Somerfield- The final of our ginger trio, Somerfield is a Phenon-Charlie hybrid. The best of bot worlds, unfortunately these superhuman abilities were too much for his human frame. He spent all spring rehabbing his injuries and will use what time he missed to push that much harder next spring.

Bonges- Old, but not yet Stupca old, Matt Bonges is the all-time Illinois nice guy, off the field. On the field he plays like a man possessed and leaves it all out there (we call him heart for a reason). He has earned his own scoring chant, and hearing his students call him Mr. Bonges will unavoidably cause us to break out in a fit of giggles.

Monday, July 7, 2008

The Leg

I promised an update, and I’m usually pretty good at keeping my promises.

I had surgery today to remove the screws that were put into my leg about ten weeks ago, and I’m very proud to say that I walked out of the hospital. That’s right, after ten weeks of hobbling around everywhere I went, I’m now able to walk.

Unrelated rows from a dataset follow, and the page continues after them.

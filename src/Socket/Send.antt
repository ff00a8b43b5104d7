-- ===== src/Socket/Send.antt =====
-- `send_data` puts the first bytes of the buffer on the connection, in order and once each; all of
-- them if it answers `ok`.
use shp.Base.{
  ℕ, zero, suc, ◌+◌, ◌-◌, ◌%◌, ◌≤◌, ◌<◌, ◌≡◌, refl, sym, ap, ◌∙◌, ℤ, pos, negsuc, ◌++◌, length,
  length-take, take, drop, done, true, false, ◌⊎◌, Bool-cases, inl, inr, arith, append-nil,
  append_assoc, length-drop, ltb, ◌&&◌, take-take, take-append-take-drop,
}
use shp.Memory.{Memory, u32_mod, IsU32}
use shp.ErrorCodes.{ErrorCode, is_ok, ok, eq_of_is_ok, system_error, transport_error}
use shp.Memory.Copy.{read_at-front}
use shp.Os.{Os}
use shp.Os.Laws.{SendLaws}
use shp.Os.Actions.{Io}
use shp.Socket.{send_once, send_round, send_loop, send_data, is_settable, limit_of}

module _ (os : Os) (laws : SendLaws os) where
  open os use {World}
  open laws use {outgoing}

  -- A part of `send_data` that ends, and has sent the first `n` bytes of the buffer.
  record Sends {A : Type 0} (fd : ℤ) (buffer : Memory) (total : ℕ) (w : World) (run : Io World A)
      (code : A → ErrorCode) (count : A → ℕ) : Type 0 where
    result : A
    after : World
    runs : run w ≡ done (result, after)
    bounded : count result ≤ total
    appended : outgoing after fd ≡ outgoing w fd ++ take (count result) buffer
    progress : is_ok (code result) ≡ true → 0 < count result

  send_once-Sends :
      (fd : ℤ) (buffer : Memory) (total : ℕ) (w : World)
      → total ≤ length buffer
      → Sends fd buffer total w (send_once os fd buffer total) (λ r. r.0) (λ r. r.1)
  unfolding send_once
  send_once-Sends fd buffer total w h = sent (os.send fd (take total buffer) w).0 refl
    where
      sent :
          (res : ℤ)
          → (os.send fd (take total buffer) w).0 ≡ res
          → Sends fd buffer total w (send_once os fd buffer total) (λ r. r.0) (λ r. r.1)
      sent (negsuc n) e = record {
        result = (transport_error, 0);
        after = (os.send fd (take total buffer) w).1;
        runs = rw (read_at-front buffer total h, e);
        bounded = omega arith;
        appended = laws.send_error fd (take total buffer) w (rw e) ∙ sym (append-nil _);
        progress = λ p. cc;
      }
      sent (pos zero) e = record {
        result = (transport_error, 0);
        after = (os.send fd (take total buffer) w).1;
        runs = rw (read_at-front buffer total h, e);
        bounded = omega arith;
        appended = laws.send_zero fd (take total buffer) w e ∙ sym (append-nil _);
        progress = λ p. cc;
      }
      sent (pos (suc k)) e =
          let taken : suc k ≤ total =
            omega
              (arith, (laws.send_some fd (take total buffer) w k e).0, length-take total buffer) in
          record {
            result = (ok, suc k);
            after = (os.send fd (take total buffer) w).1;
            runs = rw (read_at-front buffer total h, e);
            bounded = taken;
            appended =
                (laws.send_some fd (take total buffer) w k e).1
                ∙ ap (◌++◌ (outgoing w fd)) (take-take (suc k) total buffer taken);
            progress = λ p. omega arith;
          }

  send_round-Sends :
      (fd : ℤ) (buffer : Memory) (total limit : ℕ) (w : World)
      → total ≤ length buffer
      → Sends fd buffer total w (send_round os fd buffer total limit) (λ r. r.0.0) (λ r. r.0.1)
  unfolding send_round
  send_round-Sends fd buffer total limit w h = selected (os.select_write fd limit w).0.0 refl
    where
      w1 : World
      w1 = (os.select_write fd limit w).1

      same : outgoing w1 fd ≡ outgoing w fd
      same = laws.select_write-outgoing fd limit w

      selected :
          (res : ℤ)
          → (os.select_write fd limit w).0.0 ≡ res
          → Sends fd buffer total w (send_round os fd buffer total limit) (λ r. r.0.0) (λ r. r.0.1)
      selected (negsuc n) e = record {
        result = ((system_error, 0), (os.select_write fd limit w).0.1);
        after = w1;
        runs = rw e;
        bounded = omega arith;
        appended = same ∙ sym (append-nil _);
        progress = λ p. cc;
      }
      selected (pos zero) e = record {
        result = ((transport_error, 0), (os.select_write fd limit w).0.1);
        after = w1;
        runs = rw e;
        bounded = omega arith;
        appended = same ∙ sym (append-nil _);
        progress = λ p. cc;
      }
      selected (pos (suc n)) e =
          let s = send_once-Sends fd buffer total w1 h in
          record {
            result = (s.result, (os.select_write fd limit w).0.1);
            after = s.after;
            runs = rw (e, s.runs);
            bounded = s.bounded;
            appended = s.appended ∙ ap (λ o. o ++ take (s.result.1) buffer) same;
            progress = s.progress;
          }

  -- A run of the whole loop: it ends, with the first `count` bytes on the connection, which are all
  -- of them if the result is `ok`.
  pub record Delivers (fd : ℤ) (buffer : Memory) (total : ℕ) (w : World) (run : Io World ErrorCode)
      : Type 0 where
    pub result : ErrorCode
    pub after : World
    pub count : ℕ
    pub runs : run w ≡ done (result, after)
    pub bounded : count ≤ total
    pub appended : outgoing after fd ≡ outgoing w fd ++ take count buffer
    pub complete : result ≡ ok → count ≡ total

  send_loop-Delivers :
      (fuel : ℕ) (fd : ℤ) (buffer : Memory) (total limit : ℕ) (w : World)
      → total < fuel
      → total ≤ length buffer
      → IsU32 total
      → Delivers fd buffer total w (send_loop os fuel fd buffer total limit)
  unfolding send_loop
  send_loop-Delivers zero fd buffer total limit w lt h word = absurd (omega arith)
  send_loop-Delivers (suc fuel) fd buffer total limit w lt h word =
      let s = send_round-Sends fd buffer total limit w h in
      let k = s.result.0.1 in
      let total' = (total + u32_mod - k) % u32_mod in
      elim (Bool-cases (is_ok s.result.0.0 && ltb 0 total')) [
        | inr last ↦ record {
          result = s.result.0.0;
          after = s.after;
          count = k;
          runs = rw (s.runs, last);
          bounded = s.bounded;
          appended = s.appended;
          complete = λ e. ground (arith, s.bounded, e, last);
        }
        | inl more ↦
            let sent : 0 < k = s.progress (ground (arith, more)) in
            let left : total' ≡ total - k = omega (arith, s.bounded) in
            let d =
              send_loop-Delivers fuel fd (drop k buffer) total' s.result.1 s.after
                (omega (arith, s.bounded)) (omega (arith, length-drop k buffer)) (omega arith) in
            record {
              result = d.result;
              after = d.after;
              count = k + d.count;
              runs = rw (s.runs, more) d.runs;
              bounded = omega (arith, d.bounded, s.bounded);
              appended =
                  d.appended
                  ∙ ap (λ o. o ++ take d.count (drop k buffer)) s.appended
                  ∙ append_assoc (outgoing w fd) (take k buffer) (take d.count (drop k buffer))
                  ∙ ap (◌++◌ (outgoing w fd)) (take-append-take-drop k d.count buffer);
              complete = λ e. omega (arith, d.complete e, s.bounded);
            }
      ]

  -- `send_data` ends, and all is sent if the result is `ok`.
  pub send_data-Delivers :
      (fd : ℤ) (buffer : Memory) (total timeout : ℕ) (w : World)
      → is_settable fd ≡ true
      → total ≤ length buffer
      → IsU32 total
      → Delivers fd buffer total w (send_data os fd buffer total timeout)
  unfolding send_data
  send_data-Delivers fd buffer total timeout w open_fd h word =
      let d =
        send_loop-Delivers (suc total) fd buffer total (limit_of timeout) w (omega arith) h word in
      record {
        result = d.result;
        after = d.after;
        count = d.count;
        runs = rw open_fd d.runs;
        bounded = d.bounded;
        appended = d.appended;
        complete = d.complete;
      }

  -- What a caller sees of it.
  pub record SendsFront (fd : ℤ) (buffer : Memory) (total : ℕ) (w : World)
      (run : Io World ErrorCode) : Type 0 where
    pub result : ErrorCode
    pub after : World
    pub count : ℕ
    pub runs : run w ≡ done (result, after)
    pub bounded : count ≤ total
    pub appended : outgoing after fd ≡ outgoing w fd ++ take count buffer
    pub complete : (is_ok result ≡ false) ⊎ (count ≡ total)

  pub Delivers-SendsFront :
      (fd : ℤ) (buffer : Memory) (total : ℕ) (w : World) (run : Io World ErrorCode)
      → Delivers fd buffer total w run
      → SendsFront fd buffer total w run
  Delivers-SendsFront fd buffer total w run d = record {
    result = d.result;
    after = d.after;
    count = d.count;
    runs = d.runs;
    bounded = d.bounded;
    appended = d.appended;
    complete = elim (Bool-cases (is_ok d.result)) [
      | inl success ↦ inr (d.complete (eq_of_is_ok d.result success))
      | inr failure ↦ inl failure
    ];
  }

  -- On an open descriptor, `send_data` ends. Whatever its result, the connection carries the first
  -- `count` bytes of the buffer behind what was sent before; the result is a failure, or these are
  -- all the bytes.
  pub send_data-SendsFront :
      (fd : ℤ) (buffer : Memory) (total timeout : ℕ) (w : World)
      → is_settable fd ≡ true
      → total ≤ length buffer
      → IsU32 total
      → SendsFront fd buffer total w (send_data os fd buffer total timeout)
  send_data-SendsFront fd buffer total timeout w open_fd h word =
      Delivers-SendsFront fd buffer total w (send_data os fd buffer total timeout)
        (send_data-Delivers fd buffer total timeout w open_fd h word)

I won’t be able to run until October, but I’m able to start getting back in shape by swimming and riding a stationary bike. I won’t be able to return to full competition until Trouble in Vegas, but I’ll still be at practices and fall tournaments bestowing my wisdom and expertise.


Get excited.

Thursday, July 3, 2008

Preview

Here’s a look at what’s coming to the blog this summer:

Bios
Keenan did a pretty good job of writing up each an every one of you. I just need to make it better.


Life as a Club Player
I’ll be interviewing teammates that have joined other club teams. If you’re a club athlete and want to be interviewed, shoot me an email. You don’t even have to be part of the Illinois Program (though, I really do wonder how widespread my readership actually is).


Rip’s Rehab Updates
How’s my leg doin? Stay tuned to find out.


Training Tips and Techniques
I’ve played for quite some time. I think my advice is good for you.